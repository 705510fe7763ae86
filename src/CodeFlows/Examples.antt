-- ===== src/CodeFlows/Examples.antt =====
-- Runs over two flows of code: a route of the shop publishes a topic that the bills consume
-- (application/code_flows.py).
use systemlens.Prelude.{
  ℕ, ◌≡◌, refl, Bool, true, false, Option, none, some, List, [], ◌∷◌, ◌↔◌, Memᴰ, filter, length,
  contains, dedup, all, option_eq, Eq, pair_eq,
}
use systemlens.Prelude.Dict.{get, group, push, put}
use systemlens.Text.{Text, codes, text_beq}
use systemlens.Text.Order.{sort}
use systemlens.Models.{MessageEndpoint, kafka, rest, produce, consume, serve}
use systemlens.CodeFlows.{CodeFlow, CodeFlowStep, plain_step}
use systemlens.CodeFlows.Internal.{EndpointsById, is_internal_module_flow}
use systemlens.CodeFlows.Internal.Exact.{InternalTo, internal_iff}
use systemlens.CodeFlows.Tree.{flow_children, build_flow_index}
use systemlens.CodeFlows.Tree.Laws.{Continues, children_sound}

abbrev point : Text → Text → Text → Text → MessageEndpoint
point id role system in_module = record {
  id = id;
  role = role;
  system = system;
  topic = codes "orders";
  topic_dynamic = false;
  source = codes "code";
  framework = none;
  path = codes "A.java";
  start_line = 1;
  end_line = 2;
  snippet = [];
  in_module = some in_module;
  qualified_name = none;
  message_type = none;
  topic_display = none;
}

abbrev indexed : EndpointsById
indexed =
    (codes "s", point (codes "s") serve rest (codes "shop"))
    ∷ (codes "p", point (codes "p") produce kafka (codes "shop"))
    ∷ (codes "c", point (codes "c") consume kafka (codes "bills"))
    ∷ []

abbrev step : Text → Text → CodeFlowStep
step kind id = plain_step 0 kind (codes "orders") (codes "A.java") 1 1 (some id)

abbrev flow : Text → Text → List CodeFlowStep → CodeFlow
flow id in_module steps = record {
  id = id;
  in_module = in_module;
  method = codes "A.go";
  path = codes "A.java";
  start_line = 1;
  end_line = 9;
  status = codes "complete";
  confidence = codes "high";
  reason = [];
  steps = steps;
  reconciliation = codes "unknown";
  alternative_count = 1;
}

abbrev selling : CodeFlow
selling =
    flow (codes "f") (codes "shop")
      (step (codes "http_entry") (codes "s") ∷ step (codes "message_publish") (codes "p") ∷ [])

abbrev billing : CodeFlow
billing = flow (codes "g") (codes "bills") (step (codes "message_entry") (codes "c") ∷ [])

selling_internal : is_internal_module_flow selling indexed (codes "shop") ≡ true
unfolding is_internal_module_flow text_beq get contains all systemlens.Prelude.option_beq
selling_internal = refl

internal_iff_example :
    (is_internal_module_flow selling indexed (codes "shop") ≡ true)
    ↔ InternalTo selling indexed (codes "shop")
internal_iff_example = internal_iff selling indexed (codes "shop")

billing_continues :
    Memᴰ billing
      (flow_children indexed (build_flow_index indexed [] (selling ∷ billing ∷ [])) selling)
unfolding flow_children text_beq sort dedup contains get filter group build_flow_index push
    systemlens.Prelude.pair_beq put systemlens.Text.Order.insert
billing_continues = Memᴰ.head refl

children_sound_example : Continues indexed (selling ∷ billing ∷ []) selling billing
children_sound_example =
    children_sound indexed (selling ∷ billing ∷ []) selling billing billing_continues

Work instruction
Print out, without change, each line from the line holding "flow id in_module" to the final line of the material.

Task answer
flow id in_module steps = record {
  id = id;
  in_module = in_module;
  method = codes "A.go";
  path = codes "A.java";
  start_line = 1;
  end_line = 9;
  status = codes "complete";
  confidence = codes "high";
  reason = [];
  steps = steps;
  reconciliation = codes "unknown";
  alternative_count = 1;
}

abbrev selling : CodeFlow
selling =
    flow (codes "f") (codes "shop")
      (step (codes "http_entry") (codes "s") ∷ step (codes "message_publish") (codes "p") ∷ [])

abbrev billing : CodeFlow
billing = flow (codes "g") (codes "bills") (step (codes "message_entry") (codes "c") ∷ [])

selling_internal : is_internal_module_flow selling indexed (codes "shop") ≡ true
unfolding is_internal_module_flow text_beq get contains all systemlens.Prelude.option_beq
selling_internal = refl

internal_iff_example :
    (is_internal_module_flow selling indexed (codes "shop") ≡ true)
    ↔ InternalTo selling indexed (codes "shop")
internal_iff_example = internal_iff selling indexed (codes "shop")

billing_continues :
    Memᴰ billing
      (flow_children indexed (build_flow_index indexed [] (selling ∷ billing ∷ [])) selling)
unfolding flow_children text_beq sort dedup contains get filter group build_flow_index push
    systemlens.Prelude.pair_beq put systemlens.Text.Order.insert
billing_continues = Memᴰ.head refl

children_sound_example : Continues indexed (selling ∷ billing ∷ []) selling billing
children_sound_example =
    children_sound indexed (selling ∷ billing ∷ []) selling billing billing_continues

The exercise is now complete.